Friday, September 9, 2011

Just What The Doctor Ordered



I thought going to the grocery store was the most aggravating experience in Bakersfield.

Then again, I hadn't yet experienced the drug store.

In all the time we've been here, I had yet to have to have a prescription filled. It's not because I'm in particularly good health. It's because my insurance is so shitty I couldn't afford to discover whether I was in good health or not. And once I finally went to the doctor, the answer came back "not". I was diagnosed with extremely high blood pressure. No doubt from dealing with the morons in this town. So off I went to the neighborhood pharmacy.

The letters on the outside of the building may read "C.V.S." but make no mistake, what you're going to be dealing with is "A.D.H.D."

I have never seen a more scatterbrained group of people in my life.

And they were all behind the counter!

Dispensing drugs!

I suppose that's one way to thin the herd.

When I dropped the prescription off, a nurse-ish lady greeted me warmly at the counter...

"Helloooo..... how can I help you?"

I started to explain I needed a prescription filled when suddenly a page came over the sound system.

All of a sudden she started looking up at the ceiling, as if she didn't know where the voice was coming from, her head darting around like a chicken. The page ended and she looked back at me...

"Helloooo..... how can I help you?"

It was if she had forgotten we had already done this and she was greeting me for the first time.

I dropped it off and hoped for the best. The next morning I received an automated call informing me the prescription was ready for pick-up. I schlepped to the store and went to counter and when I said I was there to pick it up, a different woman informed me it wasn't ready.

But they had called, I explained.

She looked puzzled. Actually, she looked lost.

"I'm very sorry, but it isn't ready. Come back around 2."

So four hours later, at 2 on the dot, I showed back up wearing the same clothes I had worn that morning. The same woman greeted me at the counter. She didn't recognize me. She then informed me it still wasn't filled.

"Who told you it would be ready at 2? she asked.

"You did" I replied.

Hmmm. This really threw her for a loop. I thought her head might explode.

She told me I could wait, it would just be 10 or 15 minutes, so I took a seat nearby. And watched.

It really was like watching chickens. The whole staff just seemed to bounce around from place to place with no purpose and every time the phone rang or a page came over the speakers it just drove them to distraction.

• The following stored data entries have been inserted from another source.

-- ===== src/ChunkReader.antt =====
-- common/singleChunkReader.go: the reader of one chunk of a local file. It reads the chunk into
-- memory when that is needed, gives the memory back at the end of the chunk or when it is closed,
-- and reads the file again if it is rewound after that. Offsets are int64, held as their bits;
-- `none` is a panic. `Close` may run while another method waits for the disk; every other method is
-- one step.
pub mod Holding
pub mod Calls
pub mod Requests
pub mod Content
pub mod Cursor
use axxx.Prelude.{
  ℕ, ◌+◌, ◌-◌, ◌^◌, Bool, true, false, ◌&&◌, ◌||◌, not, List, [], ◌∷◌, Option, none, some, nat_beq,
  leb, ltb, if◌then◌else◌, length, take, drop,
}
use axxx.Limiter.{add64, sub64}
use axxx.Writer.{Bytes}

-- `in_ram` is the count of the cache limiter and `rented` how many slices are taken from the pool,
-- both shared with other readers; `reader_length` is not negative.
pub record ChunkReader : Type 0 where
  pub reader_length : ℕ
  pub position_in_chunk : ℕ
  pub buffer : Option Bytes
  pub is_closed : Bool
  pub in_ram : ℕ
  pub rented : ℕ

pub data ReadError : Type 0 where
  cannot_open wait_cancelled disk_error closed_while_reading context_done wrong_length : ReadError

-- What happens when the chunk is to be fetched: whether the file cannot be opened again, whether
-- the wait for memory is cancelled, what the disk gives, if it does, and whether the reader is
-- closed and the context cancelled in the meantime.
pub record Fetch : Type 0 where
  pub open_fails : Bool
  pub wait_fails : Bool
  pub disk : Option Bytes
  pub closed_meanwhile : Bool
  pub cancelled_meanwhile : Bool

-- What a read gives: bytes, perhaps the last ones, or an error.
pub data ReadResult : Type 0 where
  got : Bytes → ReadResult
  eof : Bytes → ReadResult
  failed : ReadError → ReadResult

pub data Whence : Type 0 where
  seek_start seek_current seek_end : Whence

-- A new reader of a chunk with this content; an empty chunk has a reader of its own kind, which
-- gives the end at once.
abbrev pub new_reader : ℕ → ℕ → Bytes → ChunkReader
new_reader in_ram rented content = record {
  reader_length = length content;
  position_in_chunk = 0;
  buffer = none;
  is_closed = false;
  in_ram = in_ram;
  rented = rented;
}

abbrev pub all_zero : Bytes → Bool
all_zero [] = true
all_zero (b ∷ bytes) = nat_beq b 0 && all_zero bytes

unfoldable pub has_prefetched_entirely_zeros : ChunkReader → Bool
has_prefetched_entirely_zeros cr = elim cr.buffer [ none ↦ false | some bytes ↦ all_zero bytes ]

unfoldable pub return_slice : ChunkReader → ChunkReader
return_slice cr = record cr { in_ram = sub64 cr.in_ram cr.reader_length; rented = cr.rented - 1 }

unfoldable pub close_buffer : ChunkReader → ChunkReader
close_buffer cr = elim cr.buffer [ none ↦ cr | some _ ↦ record (return_slice cr) { buffer = none } ]

unfoldable pub close : ChunkReader → ChunkReader
close cr = record (close_buffer cr) { is_closed = true }

-- Memory and a slice are taken for the chunk.
unfoldable pub rent_slice : ChunkReader → ChunkReader
rent_slice cr = record cr { in_ram = add64 cr.in_ram cr.reader_length; rented = cr.rented + 1 }

-- What is found when the disk has answered.
unfoldable pub check_read : Fetch → ChunkReader → Option ReadError
check_read f cr = elim f.disk [
  | none ↦ some disk_error
  | some bytes ↦
      if cr.is_closed
      then some closed_while_reading
      else if f.cancelled_meanwhile
      then some context_done
      else if nat_beq (length bytes) cr.reader_length
      then none
      else some wrong_length
]

abbrev pub or_empty : Option Bytes → Bytes
or_empty none = []
or_empty (some bytes) = bytes

-- The buffer is kept, or given back with the error.
unfoldable pub keep_buffer : Fetch → ChunkReader → Option ReadError → Option ReadError × ChunkReader
keep_buffer f cr none = (none, record cr { buffer = some (or_empty f.disk) })
keep_buffer f cr (some err) = (some err, return_slice cr)

-- The chunk is read from the disk; `none` is the error nil.
unfoldable pub fetch : Fetch → ChunkReader → Option ReadError × ChunkReader
fetch f cr =
    let renting = rent_slice cr in
    let after = if f.closed_meanwhile then close renting else renting in
    keep_buffer f after (check_read f after)

unfoldable pub blocking_prefetch : Fetch → ChunkReader → Option ReadError × ChunkReader
blocking_prefetch f cr = elim cr.buffer [
  | some _ ↦ (none, cr)
  | none ↦ if f.wait_fails then (some wait_cancelled, cr) else fetch f cr
]

unfoldable pub retry_blocking_prefetch_if_necessary :
    Fetch → ChunkReader → Option ReadError × ChunkReader
retry_blocking_prefetch_if_necessary f cr = elim cr.buffer [
  | some _ ↦ (none, cr)
  | none ↦ if f.open_fails then (some cannot_open, cr) else blocking_prefetch f cr
]

-- `Seek`; `none` is its error, and the position stays.
unfoldable pub new_position : ℕ → Whence → ChunkReader → ℕ
new_position offset seek_start cr = offset
new_position offset seek_current cr = add64 cr.position_in_chunk offset
new_position offset seek_end cr = sub64 cr.reader_length offset

unfoldable pub seek : ℕ → Whence → ChunkReader → Option ℕ × ChunkReader
seek offset whence cr =
    let position = new_position offset whence cr in
    let clamped = if ltb cr.reader_length position then cr.reader_length else position in
    if leb (2 ^ 63) position
    then (none, cr)
    else (some clamped, record cr { position_in_chunk = clamped })

-- Bytes are copied from the buffer; at the end of the chunk the buffer may be freed.
unfoldable pub copy_out : ℕ → Bool → Bytes → ChunkReader → ReadResult × ChunkReader
copy_out n free_buffer_on_eof buffer cr =
    let bytes = take n (drop cr.position_in_chunk buffer) in
    let moved = record cr { position_in_chunk = cr.position_in_chunk + length bytes } in
    if leb cr.reader_length moved.position_in_chunk
    then (eof bytes, (if free_buffer_on_eof then close_buffer moved else moved))
    else (got bytes, moved)

-- The checks after the fetch, two of which repeat what was checked before.
unfoldable pub after_fetch :
    ℕ → Bool → Option ReadError → ChunkReader → Option (ReadResult × ChunkReader)
after_fetch n free_buffer_on_eof (some err) cr = some (failed err, cr)
after_fetch n free_buffer_on_eof none cr = elim cr.buffer [
  | none ↦ none
  | some buffer ↦
      if leb cr.reader_length cr.position_in_chunk
      then none
      else if nat_beq cr.reader_length (length buffer)
      then some (copy_out n free_buffer_on_eof buffer cr)
      else none
]

-- `doRead` into `n` bytes.
unfoldable pub do_read : Fetch → ℕ → Bool → ChunkReader → Option (ReadResult × ChunkReader)
do_read f n free_buffer_on_eof cr =
    let fetched = retry_blocking_prefetch_if_necessary f cr in
    if leb cr.reader_length cr.position_in_chunk
    then some (eof [], cr)
    else after_fetch n free_buffer_on_eof fetched.0 fetched.1

abbrev pub read : Fetch → ℕ → ChunkReader → Option (ReadResult × ChunkReader)
read f n cr = do_read f n true cr

-- The leading bytes, and a rewind, unless they cannot be read.
unfoldable pub rewind : Option (ReadResult × ChunkReader) → Option (Bytes × ChunkReader)
rewind none = none
rewind (some (failed _, cr)) = some ([], cr)
rewind (some (got bytes, cr)) = some (bytes, (seek 0 seek_start cr).1)
rewind (some (eof bytes, cr)) = some (bytes, (seek 0 seek_start cr).1)

unfoldable pub get_prologue_state : Fetch → ChunkReader → Option (Bytes × ChunkReader)
get_prologue_state f cr = rewind (do_read f 512 false cr)

-- What is written to the hasher.
unfoldable pub write_buffer_to : ChunkReader → Option Bytes
write_buffer_to cr = cr.buffer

Finally, after 15 minutes I went back to the counter. It was lady Lady #1.

"Helloooo..... how can I help you?"

Oy vey.

I told her they had just filled prescription for me and gave her my last name. The filled prescriptions are on a large rack three paces off to the side. By the time she had gotten there, she had forgotten my name.

"I'm sorry... what was your name again?"

I told her again and just for good measure I spelled it out.

She started rifling through the bags of drugs, seemingly lost.

After a few moments I was wondering what the hold up was and it was only then I noticed she was at the wrong end of the alphabet for my name.

"Excuse me" I said.

Up popped her little chicken head...

"Helloooo..... how can I help you?"

I reminded her that she was in fact "helping" me as we spoke. She was looking for my drugs, and she was doing it in the wrong place. I spelled my name, yet again, but another page came from on high and she lost her train of thought. Actually, it derailed.

Eventually, she found my drugs. I had been in the store 40 minutes.

When I got home, I did the only prudent thing. I looked up a photo of the pills online to see if it matched what I had actually been given.

you can never be too careful with these people.